Moreover, the large-scale landscape homogenization with transgenic crops will exacerbate the ecological problems already associated with monoculture agriculture. Unquestioned expansion of this technology in to developing countries may not be wise or desirable. There is strength in the agricultural diversity of many of these countries, and it should not be inhibited or reduced by extensive monoculture, especially when consequences of doing so results in serious social and environmental problems (Altieri 1996).

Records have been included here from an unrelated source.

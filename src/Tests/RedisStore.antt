-- ===== src/Tests/RedisStore.antt =====
-- A small Redis server: each key with its entry, and a proof that it behaves as documented.
use go_ewallet_backend.Prelude.{
  ℕ, suc, ◌+◌, ◌-◌, ◌≤◌, ◌<◌, ◌≡◌, ◌≢◌, refl, String, true, Option, none, some, str_eq, eq_iff, ltb,
  if◌then◌else◌, arith, Bool-cases, inl, inr,
}
use go_ewallet_backend.Prelude.Int.{ℤ, pos, negsuc}
use go_ewallet_backend.Runtime.Redis.{Redis, Documented, Entry, counted, deadline_of, is_there}

abbrev Store : Type 0
Store = String → Option Entry

abbrev alive : ℕ → Option Entry → Option Entry
alive t none = none
alive t (some e) = elim e.deadline [ none ↦ some e | some d ↦ if ltb t d then some e else none ]

abbrev find : ℕ → String → Store → Option Entry
find t k s = alive t (s k)

abbrev put : String → Option Entry → Store → Store
put k e s j = if str_eq k j then e else s j

abbrev with_deadline : Option ℕ → Option Entry → Option Entry
with_deadline d none = none
with_deadline d (some e) = some (record e { deadline = d })

abbrev time_left : ℕ → Option Entry → ℤ
time_left t none = negsuc 1
time_left t (some e) = elim e.deadline [ none ↦ negsuc 0 | some d ↦ pos (d - t) ]

abbrev pub store : Redis
store = record {
  State = Store;
  incr = λ t k s.
      let n = suc (counted (find t k s)) in
      (n, put k (some (record { value = n; deadline = deadline_of (find t k s) })) s);
  expire = λ t k seconds s. put k (with_deadline (some (t + seconds)) (find t k s)) s;
  ttl = λ t k s. time_left t (find t k s);
  set = λ t k seconds s. put k (some (record { value = 1; deadline = some (t + seconds) })) s;
  exists = λ t k s. is_there (find t k s);
}

abbrev pub empty_store : Store
empty_store k = none

str_eq_refl : (k : String) → str_eq k k ≡ true
str_eq_refl k = (eq_iff k k).1 refl

put-same : (t : ℕ) (k : String) (e : Option Entry) (s : Store) → find t k (put k e s) ≡ alive t e
put-same t k e s = rw (str_eq_refl k) refl

put-other :
    (t : ℕ) (k j : String) (e : Option Entry) (s : Store)
    → k ≢ j
    → find t j (put k e s) ≡ find t j s
put-other t k j e s ne = elim (Bool-cases (str_eq k j)) [
  | inl h ↦ absurd (ne ((eq_iff k j).0 h))
  | inr h ↦ rw h refl
]

-- The counter of an entry that is alive is alive.
alive-renew :
    (t n : ℕ) (o : Option Entry)
    → alive t (some (record { value = n; deadline = deadline_of (alive t o) }))
      ≡ some (record { value = n; deadline = deadline_of (alive t o) })
alive-renew t n none = refl
alive-renew t n (some e) = ground arith

alive-some : (t : ℕ) (o : Option Entry) (e : Entry) → alive t o ≡ some e → o ≡ some e
alive-some t none e h = cc
alive-some t (some x) e h = ground arith

alive-later :
    (t t' v d : ℕ) (o : Option Entry)
    → alive t o ≡ some (record { value = v; deadline = some d })
    → t' < d
    → alive t' o ≡ some (record { value = v; deadline = some d })
alive-later t t' v d o h lt = rw (alive-some t o _ h) (ground arith)

alive-absent : (t t' : ℕ) (o : Option Entry) → alive t o ≡ none → t ≤ t' → alive t' o ≡ none
alive-absent t t' none h le = refl
alive-absent t t' (some e) h le = ground arith

alive-set :
    (t seconds : ℕ) (e : Entry)
    → 0 < seconds
    → alive t (some (record e { deadline = some (t + seconds) }))
      ≡ some (record e { deadline = some (t + seconds) })
alive-set t seconds e h = ground arith

unfoldable pub store-Documented : Documented store
unfolding str_eq_refl alive-some put-same put-other alive-renew alive-set alive-later alive-absent
store-Documented = record {
  look = find;
  incr-count = λ t k s. refl;
  look-incr = λ t k s.
      rw
        (put-same t k
          (some
            (record { value = suc (counted (find t k s)); deadline = deadline_of (find t k s) }))
          s)
        (alive-renew t (suc (counted (find t k s))) (s k));
  look-expire = λ t k seconds s e lasts h.
      rw (put-same t k (with_deadline (some (t + seconds)) (find t k s)) s, h)
        (alive-set t seconds e lasts);
  look-set = λ t k seconds s lasts.
      rw (put-same t k (some (record { value = 1; deadline = some (t + seconds) })) s)
        (alive-set t seconds (record { value = 1; deadline = none }) lasts);
  exists-look = λ t k s. refl;
  incr-other = λ t t' k k' s ne. put-other t' k k' _ s ne;
  expire-other = λ t t' k k' seconds s ne. put-other t' k k' _ s ne;
  set-other = λ t t' k k' seconds s ne. put-other t' k k' _ s ne;
  look-later = λ t t' k s v d h le lt. alive-later t t' v d (s k) h lt;
  look-absent = λ t t' k s h le. alive-absent t t' (s k) h le;
}
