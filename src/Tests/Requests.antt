-- ===== src/Tests/Requests.antt =====
-- Sequences of requests to the wallet service.
use go_ewallet_backend.Prelude.{◌≡◌, refl, ◌⊎◌}
use go_ewallet_backend.Service.Books.{IsSound}
use go_ewallet_backend.Service.Reservation.Completion.{IsSettled}
use go_ewallet_backend.Service.Wallet.Requests.Bank.{Steps, accounts_of}
use go_ewallet_backend.Service.Wallet.Requests.Refinement.{serve_all-Steps}
use go_ewallet_backend.Service.Wallet.Requests.{Request, serve, serve_all}
use go_ewallet_backend.Service.Wallet.Requests.Money.{Backed, serve_all-Backed}
use go_ewallet_backend.Service.Wallet.Requests.Replayed.{
  serve-used, serve-at_most_once, serve_all-IsSettled,
}
use go_ewallet_backend.Service.Wallet.Requests.Sound.{serve_all-IsSound}
use go_ewallet_backend.Tests.Fixture.{
  calm, lenient, cut, ordered, ordered-IsSound, coffee, used_key, all_requests,
}

serve_all-IsSound_example : IsSound (serve_all all_requests ordered).committed
serve_all-IsSound_example = serve_all-IsSound all_requests ordered ordered-IsSound

serve_all-Backed_example : Backed ordered.committed (serve_all all_requests ordered).committed
serve_all-Backed_example = serve_all-Backed all_requests ordered ordered-IsSound

serve-at_most_once_example :
    ((serve cut (Request.send 11 "k1" coffee) ordered).committed ≡ ordered.committed)
    ⊎ (let v = serve_all all_requests (serve cut (Request.send 11 "k1" coffee) ordered) in
        (serve calm (Request.send 11 "k1" coffee) v).committed ≡ v.committed)
serve-at_most_once_example =
    serve-at_most_once cut calm (Request.send 11 "k1" coffee) all_requests ordered

serve-used_example :
    (serve lenient (Request.send 11 "k1" coffee) used_key).committed ≡ used_key.committed
serve-used_example = serve-used lenient (Request.send 11 "k1" coffee) used_key refl

serve_all-IsSettled_example : IsSettled (serve_all all_requests used_key).committed
serve_all-IsSettled_example = serve_all-IsSettled all_requests used_key refl

serve_all-Steps_example :
    Steps all_requests
      (accounts_of ordered.committed)
      (accounts_of (serve_all all_requests ordered).committed)
serve_all-Steps_example = serve_all-Steps all_requests ordered ordered-IsSound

The repeated use of transgenic crops in an area may result in cumulative effects such as those resulting from the buildup of toxins in soils. For this reason, risk assessment studies not only have to be of an ecological nature in order to capture effects on ecosystem processes, but also of sufficient duration so that probable accumulative effects can be detected. The application of multiple diagnostic methods will provide the most sensitive and comprehensive assessment of the potential ecological impact of transgenic crops.

Although biotechnology is an important tool, at this point alternative solutions exist to address the problems that current GMCs, developed mostly by profit motives, are designed to solve. The dramatic positive effects of rotations, multiple cropping, and biological control on crop health, environmental quality and agricultural productivity have been confirmed repeatedly by scientific research. Biotechnology should be considered as one more tool that can be used, provided the ecological risks are investigated and deemed acceptable, in conjunction with a host of other approaches to move agriculture towards sustainability (NRC 1996).